• WHAT TO DO: In the material below, find the line containing "return (close_backtest_rows db" and the line containing "-- _GRANULARITY_PATTERN: digits, one", then reproduce exactly both of them and every line between, and nothing else.

"""

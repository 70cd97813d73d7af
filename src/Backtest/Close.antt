-- ===== src/Backtest/Close.antt =====
-- settlement/backtest.py: `close_session`, which marks the open positions and closes the session.
use Prim.Native.String.{◌++◌ as text_append}
use defi_engine.Base.{
  ℕ, String, Bool, not, ◌&&◌, Option, none, some, List, [], ◌∷◌, ◌++◌, map, ◌==◌, if◌then◌else◌,
  str_eq, truthy?, is_nil, is_none, select, update,
}
use defi_engine.Base.Sort.{sort_by}
use defi_engine.Base.Text.{join, str_ℕ}
use defi_engine.Base.Time.{Instant, DateTime, ensure_utc}
use defi_engine.Json.{Json, texts, object, text?}
use defi_engine.Env.{Env}
use defi_engine.Truth.{
  Database, finish, Result, return, value_error, ◌>>=◌, ◌>>◌, raise_if, or_raise, BacktestSession,
  BacktestPosition, BacktestSessionReport,
}
use defi_engine.Backtest.Amounts.{current_cash}
use defi_engine.Backtest.Record.{find_backtest_session}

-- `value or fallback`
abbrev pub text_or : Option String → String → String
text_or none fallback = fallback
text_or (some s) fallback = if truthy? (some s) then s else fallback

module _ (E : Env) where
  open E use {Float, float_zero, add, sub, mul, le, dumps, new_id}

  -- The arguments of `close_session`; marks and reasons that are not given are [].
  pub record BacktestCloseRequest : Type 0 where
    pub session_id : ℕ
    pub closed_at : DateTime
    pub mark_prices_usdc : List (String × Float)
    pub mark_reference : Option String
    pub mark_method : Option String
    pub reason_codes : List String

  unfoldable pub mark_price : List (String × Float) → String → Option Float
  mark_price [] mint = none
  mark_price ((k, price) ∷ rest) mint = if str_eq k mint then some price else mark_price rest mint

  abbrev pub is_held : BacktestPosition E → Bool
  is_held row = not (le row.net_quantity float_zero)

  unfoldable pub missing_marks : List (String × Float) → List (BacktestPosition E) → List String
  unfolding mark_price
  missing_marks prices rows =
      map (λ row. row.mint) (select (λ row. is_none (mark_price prices row.mint)) rows)

  -- The three sums of the loop.
  pub record Totals : Type 0 where
    pub position_value : Float
    pub realized : Float
    pub unrealized : Float

  abbrev price_or_zero : Option Float → Float
  price_or_zero none = float_zero
  price_or_zero (some price) = price

  -- One pass of the loop: the sums, and the marked row. Every held row has a price there.
  unfoldable pub mark_row :
      Instant
      → String
      → BacktestCloseRequest
      → BacktestPosition E
      → Totals
      → Totals × BacktestPosition E
  unfolding mark_price
  mark_row at method request row totals =
      let realized = add totals.realized row.realized_pnl_usdc in
      if not (is_held row)
      then (record totals { realized = realized }, record row { unrealized_pnl_usdc = float_zero })
      else let price = price_or_zero (mark_price request.mark_prices_usdc row.mint) in
        let value = mul row.net_quantity price in
        let unrealized = sub value row.cost_basis_usdc in
        (
          record {
            position_value = add totals.position_value value;
            realized = realized;
            unrealized = add totals.unrealized unrealized;
          },
          record row {
            unrealized_pnl_usdc = unrealized;
            last_mark_source = some method;
            last_mark_reference = request.mark_reference;
            last_mark_price_usdc = some price;
            last_marked_at = some at;
            updated_at = at;
          },
        )

  -- The loop over the positions; the rows are written back by their keys.
  unfoldable pub mark_rows :
      Instant
      → String
      → BacktestCloseRequest
      → List (BacktestPosition E)
      → Totals
      → List (BacktestPosition E)
      → Totals × List (BacktestPosition E)
  unfolding mark_row update
  mark_rows at method request [] totals table = (totals, table)
  mark_rows at method request (row ∷ rows) totals table =
      let (sums, marked) = mark_row at method request row totals in
      mark_rows at method request rows sums (update (λ r. r.id == row.id) (λ _. marked) table)

  unfoldable pub backtest_close_report :
      Database E
      → Instant
      → String
      → Float
      → Totals
      → BacktestCloseRequest
      → BacktestSessionReport E
  backtest_close_report db at method cash totals request = record {
    id = new_id (map (λ row. row.id) db.backtest_reports);
    session_id = request.session_id;
    report_type = "session_close";
    cash_usdc = cash;
    position_value_usdc = totals.position_value;
    equity_usdc = add cash totals.position_value;
    realized_pnl_usdc = totals.realized;
    unrealized_pnl_usdc = totals.unrealized;
    mark_method = method;
    mark_inputs_json = dumps (
        object (
          ("mark_reference", text? request.mark_reference)
          ∷ (
            "mark_prices_usdc",
            object (map (λ (mint, price). (mint, Json.float price)) request.mark_prices_usdc),
          )
          ∷ []));
    reason_codes_json = dumps (texts request.reason_codes);
    created_at = at;
  }

  unfoldable pub closed_backtest :
      Instant → Float → BacktestCloseRequest → BacktestSession E → BacktestSession E
  closed_backtest at cash request owner = record owner {
    status = "closed";
    closed_at = some at;
    ending_cash_usdc = some cash;
    reason_codes_json = dumps (texts request.reason_codes);
  }

  pub record BacktestCloseAnswer : Type 0 where
    pub session_id : ℕ
    pub report_id : ℕ
    pub session_status : String
    pub cash_usdc : Float
    pub position_value_usdc : Float
    pub equity_usdc : Float
    pub realized_pnl_usdc : Float
    pub unrealized_pnl_usdc : Float
    pub reason_codes : List String

  -- The writes of an accepted close.
  unfoldable pub close_backtest_rows :
      Database E
      → BacktestSession E
      → Instant
      → List (BacktestPosition E)
      → BacktestCloseRequest
      → BacktestCloseAnswer × Database E
  unfolding current_cash mark_rows backtest_close_report closed_backtest update
  close_backtest_rows db owner at positions request =
      let method = text_or request.mark_method owner.mark_method in
      let cash = current_cash E db request.session_id owner.starting_cash_usdc in
      let start : Totals = record {
        position_value = float_zero;
        realized = float_zero;
        unrealized = float_zero;
      } in
      let (totals, table) = mark_rows at method request positions start db.backtest_positions in
      let report = backtest_close_report db at method cash totals request in
      (
        record {
          session_id = request.session_id;
          report_id = report.id;
          session_status = "closed";
          cash_usdc = report.cash_usdc;
          position_value_usdc = report.position_value_usdc;
          equity_usdc = report.equity_usdc;
          realized_pnl_usdc = report.realized_pnl_usdc;
          unrealized_pnl_usdc = report.unrealized_pnl_usdc;
          reason_codes = request.reason_codes;
        },
        record db {
          backtest_positions = table;
          backtest_reports = db.backtest_reports ++ report ∷ [];
          backtest_sessions =
              update (λ row. row.id == owner.id) (closed_backtest at cash request)
                db.backtest_sessions;
        },
      )

  -- `close_session`
  unfoldable pub close_session :
      BacktestCloseRequest → Database E → Result BacktestCloseAnswer × Database E
  unfolding ensure_utc find_backtest_session missing_marks sort_by close_backtest_rows join
  close_session request db = finish db (do
    at ← or_raise (ensure_utc (some request.closed_at)) (value_error "backtest_close_time_missing")
    owner ←
        or_raise (find_backtest_session E db request.session_id)
          (value_error (text_append "backtest_session_missing:" (str_ℕ request.session_id)))
    raise_if (not (str_eq owner.status "open"))
        (value_error (text_append "backtest_session_not_open:" owner.status))
    let positions =
        sort_by (λ row. row.mint)
          (select (λ row. row.session_id == request.session_id) db.backtest_positions)
    let open_positions = select is_held positions
    let missing = missing_marks request.mark_prices_usdc open_positions
    raise_if (not (is_nil open_positions) && not (truthy? request.mark_reference))
        (value_error "backtest_close_mark_reference_missing")
    raise_if (not (is_nil missing)) (
        value_error
          (text_append "backtest_close_mark_price_missing:" (join "," (sort_by (λ m. m) missing))))
    return (close_backtest_rows db owner at positions request))
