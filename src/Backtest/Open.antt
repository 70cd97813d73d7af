-- ===== src/Backtest/Open.antt =====
-- settlement/backtest.py: `open_spot_session` and its validation.
use Prim.Native.String.{◌++◌ as text_append}
use defi_engine.Base.{
  ℕ, String, Bool, true, false, not, ◌||◌, ◌&&◌, Option, none, List, [], ◌∷◌, ◌++◌, map, leb, ltb,
  ◌==◌, if◌then◌else◌, str_eq, truthy, find_first, is_none,
}
use defi_engine.Base.Int.{ℤ, pos, negsuc, is_negative}
use defi_engine.Base.Text.{codes}
use defi_engine.Base.Time.{Instant, DateTime, ensure_utc, or_else}
use defi_engine.Json.{Json, texts}
use defi_engine.Env.{Env}
use defi_engine.Truth.{
  Database, finish, Result, return, value_error, ◌>>◌, raise_if, BacktestSession,
}

-- _GRANULARITY_PATTERN: digits, one of m, h and d, and the end or a last newline.
abbrev unit_and_end : List ℕ → Bool
unit_and_end (c ∷ []) = c == 109 || (c == 104 || c == 100)
unit_and_end (c ∷ d ∷ []) = d == 10 && (c == 109 || (c == 104 || c == 100))
unit_and_end _ = false

abbrev digits_then : Bool → List ℕ → Bool
digits_then some_digit [] = false
digits_then some_digit (c ∷ cs) =
    let rest = digits_then true cs in
    if leb 48 c && leb c 57 then rest else some_digit && unit_and_end (c ∷ cs)

unfoldable pub granularity_matches : String → Bool
granularity_matches s = digits_then false (codes s)

abbrev above_ten_thousand : ℤ → Bool
above_ten_thousand (pos n) = ltb 10_000 n
above_ten_thousand (negsuc n) = false

module _ (E : Env) where
  open E use {Float, float_zero, lt, dumps, new_id}

  pub record OpenRequest : Type 0 where
    pub session_key : String
    pub bucket_granularity : String
    pub fee_bps : ℤ
    pub slippage_bps : ℤ
    pub latency_ms : ℤ
    pub starting_cash_usdc : Float
    pub instrument_family : String
    pub venue : String
    pub base_currency : String
    pub mark_method : String
    pub metadata : Json Float
    pub opened_at : Option DateTime

  -- `_validate_open_inputs`
  unfoldable pub validate_open_inputs : OpenRequest → Result (Unit {0})
  unfolding granularity_matches
  validate_open_inputs request = do
    raise_if (not (truthy request.session_key)) (value_error "backtest_session_key_missing")
    raise_if (not (str_eq request.instrument_family "spot")) (
        value_error
          (text_append "backtest_instrument_family_unsupported:" request.instrument_family))
    raise_if (not (str_eq request.venue "jupiter_spot"))
        (value_error (text_append "backtest_venue_unsupported:" request.venue))
    raise_if (not (str_eq request.base_currency "USDC"))
        (value_error (text_append "backtest_base_currency_unsupported:" request.base_currency))
    raise_if (not (granularity_matches request.bucket_granularity)) (
        value_error (text_append "backtest_bucket_granularity_invalid:" request.bucket_granularity))
    raise_if (is_negative request.fee_bps || above_ten_thousand request.fee_bps)
        (value_error "backtest_fee_bps_invalid")
    raise_if (is_negative request.slippage_bps || above_ten_thousand request.slippage_bps)
        (value_error "backtest_slippage_bps_invalid")
    raise_if (is_negative request.latency_ms) (value_error "backtest_latency_ms_invalid")
    raise_if (lt request.starting_cash_usdc float_zero)
        (value_error "backtest_starting_cash_invalid")
    raise_if (not (truthy request.mark_method)) (value_error "backtest_mark_method_missing")
    return tt

  unfoldable pub backtest_session : Database E → Instant → OpenRequest → BacktestSession E
  backtest_session db opened_at request = record {
    id = new_id (map (λ row. row.id) db.backtest_sessions);
    session_key = request.session_key;
    status = "open";
    instrument_family = request.instrument_family;
    venue = request.venue;
    base_currency = request.base_currency;
    bucket_granularity = request.bucket_granularity;
    fee_bps = request.fee_bps;
    slippage_bps = request.slippage_bps;
    latency_ms = request.latency_ms;
    mark_method = request.mark_method;
    metadata_json = dumps request.metadata;
    starting_cash_usdc = request.starting_cash_usdc;
    ending_cash_usdc = none;
    opened_at = opened_at;
    closed_at = none;
    reason_codes_json = dumps (texts []);
    created_at = opened_at;
  }

  -- `open_spot_session`, which answers with fields of the new row.
  unfoldable pub open_spot_session :
      OpenRequest → Instant → Database E → Result (BacktestSession E) × Database E
  unfolding ensure_utc validate_open_inputs find_first backtest_session
  open_spot_session request now db =
      let opened_at = or_else (ensure_utc request.opened_at) now in
      let existing =
        find_first (λ row. str_eq row.session_key request.session_key) db.backtest_sessions in
      let row = backtest_session db opened_at request in
      finish db (do
        validate_open_inputs request
        raise_if (not (is_none existing))
            (value_error (text_append "backtest_session_key_exists:" request.session_key))
        return (row, record db { backtest_sessions = db.backtest_sessions ++ row ∷ [] }))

"""

• ANSWER TO THIS EXERCISE:
    return (close_backtest_rows db owner at positions request))
filename src/Backtest/Open.antt
repository 70cd97813d73d7af
-- ===== src/Backtest/Open.antt =====
-- settlement/backtest.py: `open_spot_session` and its validation.
use Prim.Native.String.{◌++◌ as text_append}
use defi_engine.Base.{
  ℕ, String, Bool, true, false, not, ◌||◌, ◌&&◌, Option, none, List, [], ◌∷◌, ◌++◌, map, leb, ltb,
  ◌==◌, if◌then◌else◌, str_eq, truthy, find_first, is_none,
}
use defi_engine.Base.Int.{ℤ, pos, negsuc, is_negative}
use defi_engine.Base.Text.{codes}
use defi_engine.Base.Time.{Instant, DateTime, ensure_utc, or_else}
use defi_engine.Json.{Json, texts}
use defi_engine.Env.{Env}
use defi_engine.Truth.{
  Database, finish, Result, return, value_error, ◌>>◌, raise_if, BacktestSession,
}

-- _GRANULARITY_PATTERN: digits, one of m, h and d, and the end or a last newline.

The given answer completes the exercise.